Or, as I like to say,
(∀c₀∀c₁∀c₂∀c₃∀c₅)((∀e)(¬(e∈c₀))∧(∀e)(e∈c₁↔e∈c₀∨e=c₀)∧(∀e)(e∈c₂↔e∈c₁∨e=c₁)∧(∀e)(e∈c₃↔e∈c₂∨e=c₂)∧(∀e)(e∈c₄↔e∈c₃∨e=c₃)∧(∀e)(e∈c₅↔e∈c₄∨e=c₄))(∀N)((∀n)(n∈N↔(∀I)(c₀∈I∧(∀k)(k∈I→(∃z)((∀m)(m∈z↔m∈k∨m=k)∧z∈I))→n∈I)))→(∀f)((∀a,b)((∀t)((∀e)(e∈t↔(∀s)(s∈e↔s=b)∨(∀s)(s∈e↔s=a∨s=b))∧t∈f→(∃a₁,a₂)(a₁∈N∧a₂∈N∧(∀e)(e∈a↔(∀s)(s∈e↔s=a₂)∨(∀s)(s∈e↔s=a₁∨s=a₂)))∧b∈N))∧(∀n)(n∈N→(∀r)((∀t)((∀e₁)(e₁∈t↔(∀s₁)(s₁∈e₁↔s₁=r)∨(∀s₁)(s₁∈e₁↔s₁=r∨(∀e)(e∈s₁↔(∀s)(s∈e↔s=c₀)∨(∀s)(s∈e↔s=n∨s=c₀))))∧t∈f→r=n)))∧(∀n,k)(n,k∈N→(∀r)((∀t)((∀e₁)(e₁∈t↔(∀s₁)(s₁∈e₁↔s₁=r)∨(∀s₁)(s₁∈e₁↔s₁=r∨(∀e)(e∈s₁↔(∀s)(s∈e↔(∀m)(m∈s↔m∈k∨m=k))∨(∀s)(s∈e↔s=n∨(∀m)(m∈s↔m∈k∨m=k)))))∧t∈f→(∀r₁)((∀t₁)((∀e₁)(e₁∈t₁↔(∀s₁)(s₁∈e₁↔s₁=r₁)∨(∀s₁)(s₁∈e₁↔s₁=r₁∨(∀e)(e∈s₁↔(∀s)(s∈e↔s=k)∨(∀s)(s∈e↔s=n∨s=k))))∧t₁∈f→(∀m)(m∈r↔m∈r₁∨m=r₁)))))))→(∀r)((∃t)((∀e₁)(e₁∈t↔(∀s₁)(s₁∈e₁↔s₁=r)∨(∀s₁)(s₁∈e₁↔s₁=r∨(∀e)(e∈s₁↔(∀s)(s∈e↔s=c₃)∨(∀s)(s∈e↔s=c₂∨s=c₃))))∧t∈f)→r=c₅)

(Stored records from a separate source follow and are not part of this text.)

-- ===== src/Smtp/Commands/Invariant.antt =====
-- What every session of server/src/smtp.c satisfies between commands.
use iu7_pvs_cp.Base.{
  ℕ, ◌+◌, Bool, true, false, List, [], ◌∷◌, Option, none, some, ◌≡◌, refl, sym, subst, Bytes, codes,
  if◌then◌else◌, All, length, Option-cases, Bool-cases, str_eq, inl, inr,
}
use iu7_pvs_cp.StringUtils.{strtrim}
use iu7_pvs_cp.Smtp.Regex.{match_mail_from, match_rcpt_to, match_word}
use iu7_pvs_cp.Smtp.Regex.Address.{IsMail}
use iu7_pvs_cp.Smtp.Regex.Paths.{match_mail_from_iff, match_rcpt_to_iff}
use iu7_pvs_cp.Smtp.Session.{
  SmtpState, initial, established, mail_rcpt, mail_data, Envelope, Session, ring_add, buffer_reset,
  smtp_session_reset,
}
use iu7_pvs_cp.Smtp.Commands.{
  Outcome, is_state, mail_matched, rcpt_matched, smtp_ehlo, smtp_mail, smtp_rcpt, smtp_data,
  smtp_read_data, smtp_reset, smtp_quit, dispatch, smtp_process_command,
}

abbrev pub total_length : List Bytes → ℕ
total_length [] = 0
total_length (x ∷ xs) = length x + total_length xs

abbrev pub HasSender : Envelope → Type 0
HasSender e = (a : Bytes) × (e.sender ≡ some a) × IsMail a

-- Without a transaction the envelope is empty. Within one it has a sender, all its addresses are
-- mailboxes, and it has text lines only in MAIL_DATA.
abbrev pub EnvelopeOk : SmtpState → Envelope → Type 0
EnvelopeOk initial e = (e.recipients ≡ []) × (e.lines ≡ []) × (e.sender ≡ none)
EnvelopeOk established e = (e.recipients ≡ []) × (e.lines ≡ []) × (e.sender ≡ none)
EnvelopeOk mail_rcpt e = HasSender e × All IsMail e.recipients × (e.lines ≡ [])
EnvelopeOk mail_data e = HasSender e × All IsMail e.recipients

pub record IsValid (s : Session) : Type 0 where
  pub envelope_ok : EnvelopeOk s.state s.envelope
  pub counted : s.buffer_size ≡ total_length s.buffer

-- A result that is a fault, or leaves a valid session.
pub data Keeps : Option Outcome → Type 0 where
  fault : Keeps none
  stays : {o : Outcome} → IsValid o.session → Keeps (some o)

smtp_session_reset-established : (s : Session) → IsValid (smtp_session_reset s established)
unfolding smtp_session_reset
smtp_session_reset-established s = record { envelope_ok = (refl, refl, refl); counted = refl }

pub smtp_session_reset-initial : (s : Session) → IsValid (smtp_session_reset s initial)
unfolding smtp_session_reset
smtp_session_reset-initial s = record { envelope_ok = (refl, refl, refl); counted = refl }

smtp_session_reset-IsValid :
    (s : Session) (b : Bool) → IsValid (smtp_session_reset s (if b then initial else established))
smtp_session_reset-IsValid s true = smtp_session_reset-initial s
smtp_session_reset-IsValid s false = smtp_session_reset-established s

buffer_reset-IsValid : (s : Session) → IsValid s → IsValid (buffer_reset s)
unfolding buffer_reset
buffer_reset-IsValid s v = record { envelope_ok = v.envelope_ok; counted = refl }

All-ring_add :
    (P : Bytes → Type 0) (xs : List Bytes) (x : Bytes) → All P xs → P x → All P (ring_add xs x)
All-ring_add P [] x h k = (k, tt)
All-ring_add P (y ∷ ys) x h k = (h.0, (k, h.1))

-- A session by its parts, so that a proof can split on the state.
abbrev pub parts : List Bytes → ℕ → SmtpState → Envelope → Session
parts buf size st env = record { buffer = buf; buffer_size = size; state = st; envelope = env }

module _ (buf : List Bytes) (size : ℕ) (env : Envelope) (len : ℕ)
    (counted : size ≡ total_length buf) where
  mail-Keeps :
      (st : SmtpState) (a : Bytes) (alloc : Bool)
      → EnvelopeOk st env
      → IsMail a
      → Keeps (mail_matched a alloc (parts buf size st env) len)
  unfolding mail_matched
  mail-Keeps established a true v m = stays (record {
    envelope_ok = ((a, refl, m), subst (All IsMail) (sym v.0) tt, v.1);
    counted = counted;
  })
  mail-Keeps established a false v m = fault
  mail-Keeps initial a alloc v m = stays (record { envelope_ok = v; counted = counted })
  mail-Keeps mail_rcpt a alloc v m = stays (record { envelope_ok = v; counted = counted })
  mail-Keeps mail_data a alloc v m = stays (record { envelope_ok = v; counted = counted })

  rcpt-Keeps :
      (st : SmtpState) (a : Bytes) (alloc : Bool)
      → EnvelopeOk st env
      → IsMail a
      → Keeps (rcpt_matched a alloc (parts buf size st env) len)
  unfolding rcpt_matched
  rcpt-Keeps mail_rcpt a true v m = stays (record {
    envelope_ok = (v.0, All-ring_add IsMail env.recipients a v.1 m, v.2);
    counted = counted;
  })
  rcpt-Keeps mail_rcpt a false v m = fault
  rcpt-Keeps initial a alloc v m = stays (record { envelope_ok = v; counted = counted })
  rcpt-Keeps established a alloc v m = stays (record { envelope_ok = v; counted = counted })
  rcpt-Keeps mail_data a alloc v m = stays (record { envelope_ok = v; counted = counted })

  data-IsValid :
      (st : SmtpState) (command : Bytes)
      → EnvelopeOk st env
      → IsValid (smtp_data command (parts buf size st env) len).session
  unfolding smtp_data
  data-IsValid mail_rcpt command v = elim (Bool-cases (match_word (codes "DATA") command)) [
    | inl e ↦ rw e (record { envelope_ok = (v.0, v.1); counted = counted })
    | inr e ↦ rw e (record { envelope_ok = v; counted = counted })
  ]
  data-IsValid initial command v = elim (Bool-cases (match_word (codes "DATA") command)) [
    | inl e ↦ rw e (record { envelope_ok = v; counted = counted })
    | inr e ↦ rw e (record { envelope_ok = v; counted = counted })
  ]
  data-IsValid _ command v = elim (Bool-cases (match_word (codes "DATA") command)) [
    | inl e ↦ rw e (record { envelope_ok = v; counted = counted })
    | inr e ↦ rw e (record { envelope_ok = v; counted = counted })
  ]

  read-IsValid :
      (command : Bytes) (alloc : Bool) (reply : Bytes)
      → EnvelopeOk mail_data env
      → IsValid (smtp_read_data command alloc (parts buf size mail_data env) reply len).session
  unfolding smtp_read_data
  read-IsValid command true reply v = elim (Bool-cases (str_eq (codes ".") command)) [
    | inl e ↦ rw e (smtp_session_reset-established (parts buf size mail_data env))
    | inr e ↦ rw e (record { envelope_ok = (v.0, v.1); counted = counted })
  ]
  read-IsValid command false reply v = elim (Bool-cases (str_eq (codes ".") command)) [
    | inl e ↦ rw e (smtp_session_reset-established (parts buf size mail_data env))
    | inr e ↦ rw e (record { envelope_ok = (v.0, v.1); counted = counted })
  ]

smtp_mail-Keeps :
    (command : Bytes) (alloc : Bool) (s : Session) (len : ℕ)
    → IsValid s
    → Keeps (smtp_mail command alloc s len)
unfolding smtp_mail
smtp_mail-Keeps command alloc s len v = elim (Option-cases (match_mail_from command)) [
  | inl e ↦ rw (e, smtp_mail) (stays v)
  | inr (a, e) ↦
      rw (e, smtp_mail)
        (mail-Keeps s.buffer s.buffer_size s.envelope len v.counted s.state a alloc v.envelope_ok
          ((match_mail_from_iff command a).0 e).1.mailbox)
]

smtp_rcpt-Keeps :
    (command : Bytes) (alloc : Bool) (s : Session) (len : ℕ)
    → IsValid s
    → Keeps (smtp_rcpt command alloc s len)
unfolding smtp_rcpt
smtp_rcpt-Keeps command alloc s len v = elim (Option-cases (match_rcpt_to command)) [
  | inl e ↦ rw (e, smtp_rcpt) (stays v)
  | inr (a, e) ↦
      rw (e, smtp_rcpt)
        (rcpt-Keeps s.buffer s.buffer_size s.envelope len v.counted s.state a alloc v.envelope_ok
          ((match_rcpt_to_iff command a).0 e).mailbox)
]

smtp_reset-IsValid :
    (command : Bytes) (s : Session) (len : ℕ)
    → IsValid s
    → IsValid (smtp_reset command s len).session
unfolding smtp_reset
smtp_reset-IsValid command s len v = elim (Bool-cases (match_word (codes "RSET") command)) [
  | inl e ↦ rw e (smtp_session_reset-IsValid s (is_state s.state initial))
  | inr e ↦ rw e v
]

smtp_quit-IsValid :
    (command : Bytes) (s : Session) (len : ℕ)
    → IsValid s
    → IsValid (smtp_quit command s len).session
unfolding smtp_quit
smtp_quit-IsValid command s len v = elim (Bool-cases (match_word (codes "QUIT") command)) [
  | inl e ↦ rw e (smtp_session_reset-initial s)
  | inr e ↦ rw e v
]

smtp_ehlo-IsValid : (s : Session) (len : ℕ) → IsValid (smtp_ehlo s len).session
unfolding smtp_ehlo
smtp_ehlo-IsValid s len = smtp_session_reset-established s

Keeps-if : (b : Bool) (x y : Option Outcome) → Keeps x → Keeps y → Keeps (if b then x else y)
Keeps-if true x y h k = h
Keeps-if false x y h k = k

ruleset handlers = (
  Keeps-if, stays, smtp_ehlo-IsValid, smtp_mail-Keeps, smtp_rcpt-Keeps, smtp_reset-IsValid,
  smtp_quit-IsValid,
)

smtp_data-IsValid :
    (command : Bytes) (s : Session) (len : ℕ)
    → IsValid s
    → IsValid (smtp_data command s len).session
smtp_data-IsValid command s len v =
    data-IsValid s.buffer s.buffer_size s.envelope len v.counted s.state command v.envelope_ok

dispatch-Keeps :
    (command : Bytes) (alloc : Bool) (s : Session) (len : ℕ)
    → IsValid s
    → Keeps (dispatch command alloc s len)
unfolding dispatch
dispatch-Keeps command alloc s len v = search (handlers, smtp_data-IsValid) depth 12

process-parts :
    (st : SmtpState) (s : Session) (command : Bytes) (alloc : Bool) (reply : Bytes) (len : ℕ)
    → IsValid (parts s.buffer s.buffer_size st s.envelope)
    → Keeps
        (smtp_process_command command alloc (parts s.buffer s.buffer_size st s.envelope) reply len)
unfolding smtp_process_command
process-parts mail_data s command alloc reply len v =
    stays (read-IsValid [] 0 s.envelope len refl command alloc reply v.envelope_ok)
process-parts initial s command alloc reply len v =
    dispatch-Keeps (strtrim command) alloc _ len (buffer_reset-IsValid _ v)
process-parts _ s command alloc reply len v =
    dispatch-Keeps (strtrim command) alloc _ len (buffer_reset-IsValid _ v)

inside : {o : Outcome} → Keeps (some o) → IsValid o.session
inside (stays v) = v

-- If the session is valid and `smtp_process_command` completes a command, the session is valid
-- behind it: what the envelope holds fits the state, every mailbox in it is one of the grammar,
-- and `buffer_size` is the length of the buffer.
pub smtp_process_command-IsValid :
    (command : Bytes) (alloc : Bool) (s : Session) (reply : Bytes) (len : ℕ) {o : Outcome}
    → IsValid s
    → smtp_process_command command alloc s reply len ≡ some o
    → IsValid o.session
smtp_process_command-IsValid command alloc s reply len v e =
    inside (subst Keeps e (process-parts s.state s command alloc reply len v))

(That's not just random symbols; that's an actual first-order expression of "2 + 3 = 5", assuming I didn't make any mistakes)
Start with
2+3 = 5
Then characterize addition as a function f abiding by (1) dom(f) = ℕ×ℕ; (2) ran(f) = ℕ; (3) for every n∈ℕ have f(n, 0) = n; (4) for every n,k∈ℕ have f(n, S(k)) = S(f(n, k))
Since there exists exactly one such function, we can replace 2+3 = 5 with (∀f)( f meets the characterization → f(2, 3) = 5 )
This gives:
(∀f)
(
dom(f) = ℕ×ℕ
∧ ran(f) = ℕ
∧ (∀n)( n∈ℕ → f(n, 0) = n )
∧ (∀n, k)( n,k∈ℕ → f(n, S(k)) = S(f(n, k)) )
) → f(2, 3) = 5
Now replace:
- dom(f) = X ∧ ran(f) = Y with (∀a,b)( [a, b] ∈ f → a∈X ∧ b∈Y )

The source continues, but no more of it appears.